*ACTIVITY:* Using the listing below, report all lines holding the word "sscanf".
[DATA IN THIS EXERCISE Boundary: Start]
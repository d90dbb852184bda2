-- ===== src/Parse.antt =====
-- src/common/parse.c: numbers, units and bounded quantities from option arguments. The C library
-- functions that read the text are parameters; a result is `none` where the code returns false
-- and leaves `*out` alone.
pub mod Laws
use nemo_core.Prelude.{
  ℕ, ◌*◌, ◌/◌, Bool, true, false, ◌&&◌, ◌||◌, Option, none, some, List, [], ◌∷◌, length, ltb, ◌==◌,
  ◌!=◌, if◌then◌else◌,
}
use nemo_core.Word.{u32, u64}

-- The bytes of a string before its NUL.
abbrev pub Text : Type 0
Text = List ℕ

-- What `strtoumax(str, NULL, 10)` returns, and whether it set `errno`.
pub record Converted : Type 0 where
  pub value : ℕ
  pub failed : Bool

-- What `sscanf(inp, "%" SCNu64 "%2s%n", &num, unit, &adv)` returns (`none` is EOF) and leaves in
-- its arguments.
pub record Scanned : Type 0 where
  pub count : Option ℕ
  pub num : ℕ
  pub unit : Text
  pub adv : ℕ

pub record Libc : Type 0 where
  pub strtoumax : Text → Converted
  pub sscanf : Text → Scanned
  -- Whether `strcasecmp` returns 0.
  pub strcaseeq : Text → Text → Bool

unfoldable pub check_bounds : ℕ → ℕ → ℕ → Bool
check_bounds val min max = if ltb val min then false else if ltb max val then false else true

-- After the unit is known: the product in 64 bits, the overflow test, and the bounds.
unfoldable pub scale : ℕ → ℕ → ℕ → ℕ → Option ℕ
unfolding check_bounds
scale num mult min max =
    let x = u64 (num * mult) in
    if x / mult != num then none else if check_bounds x min max then some x else none

abbrev pub is_count : Option ℕ → ℕ → Bool
is_count none n = false
is_count (some k) n = k == n

module _ (c : Libc) where
  unfoldable pub parse_uint64 : Text → ℕ → ℕ → Option ℕ
  unfolding check_bounds
  parse_uint64 str min max =
      let x = c.strtoumax str in
      if x.value == 0 && x.failed
      then none
      else if check_bounds (u64 x.value) min max
      then some (u64 x.value)
      else none

  unfoldable pub parse_time_unit : Text → Option ℕ
  parse_time_unit unit =
      if c.strcaseeq unit (b'n' ∷ b's' ∷ [])
      then some 1
      else if c.strcaseeq unit (b'u' ∷ b's' ∷ [])
      then some 1000
      else if c.strcaseeq unit (b'm' ∷ b's' ∷ [])
      then some (1000 * 1000)
      else if c.strcaseeq unit (b's' ∷ [])
      then some (1000 * 1000 * 1000)
      else if c.strcaseeq unit (b'm' ∷ [])
      then some (1000 * 1000 * 1000 * 60)
      else if c.strcaseeq unit (b'h' ∷ [])
      then some (1000 * 1000 * 1000 * 60 * 60)
      else if c.strcaseeq unit (b'd' ∷ [])
      then some (1000 * 1000 * 1000 * 60 * 60 * 24)
      else if c.strcaseeq unit (b'w' ∷ [])
      then some (1000 * 1000 * 1000 * 60 * 60 * 24 * 7)
      else none

  unfoldable pub parse_memory_unit : Text → Option ℕ
  parse_memory_unit unit =
      if c.strcaseeq unit (b'b' ∷ [])
      then some 1
      else if c.strcaseeq unit (b'k' ∷ []) || c.strcaseeq unit (b'k' ∷ b'b' ∷ [])
      then some 1024
      else if c.strcaseeq unit (b'm' ∷ []) || c.strcaseeq unit (b'm' ∷ b'b' ∷ [])
      then some (1024 * 1024)
      else if c.strcaseeq unit (b'g' ∷ []) || c.strcaseeq unit (b'g' ∷ b'b' ∷ [])
      then some (1024 * 1024 * 1024)
      else none

  unfoldable pub parse_scalar : Text → ℕ → ℕ → (Text → Option ℕ) → Option ℕ
  parse_scalar inp min max func =
      let s = c.sscanf inp in
      if is_count s.count 0
      then none
      else if is_count s.count 1
      then none
      else if s.adv != u32 (length inp)
      then none
      else elim (func s.unit) [ none ↦ none | some mult ↦ scale s.num mult min max ]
[DATA IN THIS EXERCISE Boundary: End]
*EXERCISE ANSWER:*
-- What `sscanf(inp, "%" SCNu64 "%2s%n", &num, unit, &adv)` returns (`none` is EOF) and leaves in
  pub sscanf : Text → Scanned
      let s = c.sscanf inp in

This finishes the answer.